Provided data START

-- ===== src/Anthropic/Stream/Bytes.antt =====
-- internal/handlers/anthropic.go, streamWriter: the bytes of the upstream, cut into lines. What
-- json.Unmarshal reads from the data of a line is the argument `parse`.
use foxrouters.Anthropic.Stream.{StreamWriter, new_stream_writer}
use foxrouters.Anthropic.Stream.Chunks.{Chunk, finalize, on_chunk}
use foxrouters.Prelude.{
  if◌then◌else◌, leb, nat_beq, is_empty, Str, trim_prefix, str_eq, has_prefix, codes, ℕ, not, ◌&&◌,
  Option, none, some, List, [], ◌∷◌, ◌++◌,
}
use foxrouters.Prelude.Space.{trim_space}

-- What the bytes change of streamWriter.
pub record Pipe : Type 0 where
  pub writer : StreamWriter
  pub carry : Str
  pub err_buf : Str
  pub status_code : ℕ

unfoldable pub new_pipe : Pipe
unfolding new_stream_writer
new_pipe = record { writer = new_stream_writer; carry = []; err_buf = []; status_code = 200 }

unfoldable pub write_header : ℕ → Pipe → Pipe
write_header code p = record p { status_code = code }

unfoldable pub extend_first : ℕ → List Str → Str → List Str × Str
extend_first b [] last = ([], b ∷ last)
extend_first b (l ∷ ls) last = ((b ∷ l) ∷ ls, last)

-- strings.Split at the line feeds: the lines that end, and what is left.
unfoldable pub split_lines : Str → List Str × Str
split_lines [] = ([], [])
split_lines (b ∷ s) =
    let (ls, last) = split_lines s in
    if nat_beq b 10 then ([] ∷ ls, last) else extend_first b ls last

-- strings.TrimRight of carriage returns
unfoldable pub trim_right_cr : Str → Str
trim_right_cr [] = []
trim_right_cr (b ∷ s) =
    let rest = trim_right_cr s in if is_empty rest && nat_beq b 13 then [] else b ∷ rest

unfoldable pub line_data : Str → Option Str
line_data line =
    let payload = trim_space (trim_prefix (trim_prefix line (codes "data: ")) (codes "data:")) in
    if not (has_prefix line (codes "data: ")) && not (has_prefix line (codes "data:"))
    then none
    else some payload

unfoldable pub on_parsed : Option Chunk → StreamWriter → StreamWriter
on_parsed none w = w
on_parsed (some c) w = on_chunk c w

unfoldable pub on_data : (Str → Option Chunk) → Option Str → StreamWriter → StreamWriter
on_data parse none w = w
on_data parse (some payload) w =
    if str_eq payload []
    then w
    else if str_eq payload (codes "[DONE]")
    then finalize w
    else on_parsed (parse payload) w

unfoldable pub process_line : (Str → Option Chunk) → Str → StreamWriter → StreamWriter
process_line parse line w = on_data parse (line_data line) w

unfoldable pub process_lines : (Str → Option Chunk) → List Str → StreamWriter → StreamWriter
process_lines parse [] w = w
process_lines parse (l ∷ ls) w = process_lines parse ls (process_line parse (trim_right_cr l) w)

unfoldable pub write : (Str → Option Chunk) → Str → Pipe → Pipe
write parse bytes p =
    let (lines, rest) = split_lines (p.carry ++ bytes) in
    if not p.writer.started && leb 400 p.status_code
    then record p { err_buf = p.err_buf ++ bytes }
    else record p { carry = rest; writer = process_lines parse lines p.writer }

-- What HandleMessages does with the writer when the proxy has returned.
unfoldable pub drain : (Str → Option Chunk) → Pipe → Pipe
drain parse p =
    let w =
      if is_empty p.carry then p.writer else process_line parse (trim_right_cr p.carry) p.writer in
    record p { carry = []; writer = if w.started && not w.stopped then finalize w else w }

Provided data END

Work request » Above are the records; copy all of them exactly.

Answer to the problem »
-- ===== src/Anthropic/Stream/Bytes.antt =====
-- internal/handlers/anthropic.go, streamWriter: the bytes of the upstream, cut into lines. What
-- json.Unmarshal reads from the data of a line is the argument `parse`.
use foxrouters.Anthropic.Stream.{StreamWriter, new_stream_writer}
use foxrouters.Anthropic.Stream.Chunks.{Chunk, finalize, on_chunk}
use foxrouters.Prelude.{
  if◌then◌else◌, leb, nat_beq, is_empty, Str, trim_prefix, str_eq, has_prefix, codes, ℕ, not, ◌&&◌,
  Option, none, some, List, [], ◌∷◌, ◌++◌,
}
use foxrouters.Prelude.Space.{trim_space}

-- What the bytes change of streamWriter.
pub record Pipe : Type 0 where
  pub writer : StreamWriter
  pub carry : Str
  pub err_buf : Str
  pub status_code : ℕ

unfoldable pub new_pipe : Pipe
unfolding new_stream_writer
new_pipe = record { writer = new_stream_writer; carry = []; err_buf = []; status_code = 200 }

unfoldable pub write_header : ℕ → Pipe → Pipe
write_header code p = record p { status_code = code }

unfoldable pub extend_first : ℕ → List Str → Str → List Str × Str
extend_first b [] last = ([], b ∷ last)
extend_first b (l ∷ ls) last = ((b ∷ l) ∷ ls, last)

-- strings.Split at the line feeds: the lines that end, and what is left.
unfoldable pub split_lines : Str → List Str × Str
split_lines [] = ([], [])
split_lines (b ∷ s) =
    let (ls, last) = split_lines s in
    if nat_beq b 10 then ([] ∷ ls, last) else extend_first b ls last

-- strings.TrimRight of carriage returns
unfoldable pub trim_right_cr : Str → Str
trim_right_cr [] = []
trim_right_cr (b ∷ s) =
    let rest = trim_right_cr s in if is_empty rest && nat_beq b 13 then [] else b ∷ rest

unfoldable pub line_data : Str → Option Str
line_data line =
    let payload = trim_space (trim_prefix (trim_prefix line (codes "data: ")) (codes "data:")) in
    if not (has_prefix line (codes "data: ")) && not (has_prefix line (codes "data:"))
    then none
    else some payload

unfoldable pub on_parsed : Option Chunk → StreamWriter → StreamWriter
on_parsed none w = w
on_parsed (some c) w = on_chunk c w

unfoldable pub on_data : (Str → Option Chunk) → Option Str → StreamWriter → StreamWriter
on_data parse none w = w
on_data parse (some payload) w =
    if str_eq payload []
    then w
    else if str_eq payload (codes "[DONE]")
    then finalize w
    else on_parsed (parse payload) w

unfoldable pub process_line : (Str → Option Chunk) → Str → StreamWriter → StreamWriter
process_line parse line w = on_data parse (line_data line) w

unfoldable pub process_lines : (Str → Option Chunk) → List Str → StreamWriter → StreamWriter
process_lines parse [] w = w
process_lines parse (l ∷ ls) w = process_lines parse ls (process_line parse (trim_right_cr l) w)

unfoldable pub write : (Str → Option Chunk) → Str → Pipe → Pipe
write parse bytes p =
    let (lines, rest) = split_lines (p.carry ++ bytes) in
    if not p.writer.started && leb 400 p.status_code
    then record p { err_buf = p.err_buf ++ bytes }
    else record p { carry = rest; writer = process_lines parse lines p.writer }

-- What HandleMessages does with the writer when the proxy has returned.
unfoldable pub drain : (Str → Option Chunk) → Pipe → Pipe
drain parse p =
    let w =
      if is_empty p.carry then p.writer else process_line parse (trim_right_cr p.carry) p.writer in
    record p { carry = []; writer = if w.started && not w.stopped then finalize w else w }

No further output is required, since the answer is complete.